In some Christian circles there is a tradition to "fast" from one thing during the period of 40 days before Easter (this period is called "Lent"). Some Christians decide to give up something that they like for this period of time (such as coffee, television, chocolate, etc.) to prove that they are not dependent on it and that God is the only one they truly need. While this does perhaps help some Christians, there is no Biblical requirement to do this and it is optional.

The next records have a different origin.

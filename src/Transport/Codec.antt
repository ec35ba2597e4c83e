-- ===== src/Transport/Codec.antt =====
-- src/transport/codec.rs: the messages of the wire protocol, a child for each family.
pub mod Extension
pub mod Header
pub mod Init
pub mod Opening
pub mod Attachment
pub mod Put
pub mod Declare
pub mod Service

So as we have seen, Christians are free to eat anything, including meat, pork, and alcohol. The more important aspect is that if you believe you should not eat something, then don't, because it is a sin for you. Also, if it would make anyone around you think that you are sinning, or convince them to go against their beliefs, then it is a sin. So Christians should try to discern when it is appropriate to eat/drink something and when it is not. Don't judge other Christians for something as minor as what they eat or drink. Jesus said "The kingdom of God isn't about eating and drinking. It is about pleasing God, about living in peace, and about true happiness."(Romans 14:17).
There will probably be some people who still judge you though no matter what, probably the more religious types who believe they are right and everyone else is wrong. Jesus says sometimes there are no-win situations with these sorts of people, such as the Pharisees back in his day. Jesus said to them "John the Baptist did not go around eating and drinking, and you said 'John has a demon in him!'. But because the Son of Man goes around eating and drinking, you say, 'Jesus eats and drinks too much! He is even a friend of tax collectors and sinners. Yet wisdom is shown to be right by what its followers do."(Luke 7:33-35). So if you meet one of these people who criticize everything, just ignore them. They are like the person that Jesus described as "You can see the speck in your friend's eye. But you don't notice the log in your own eye."(Luke 6:41) when they try to criticize a tiny thing in another Christian (such as what they eat) but ignore the much larger issues of being called to love one another, and extending God's grace and mercy and forgiveness to people. Eat what you think is right, and be sensitive to others, but we are called to love others and love God, and those are the main points Christians should focus on.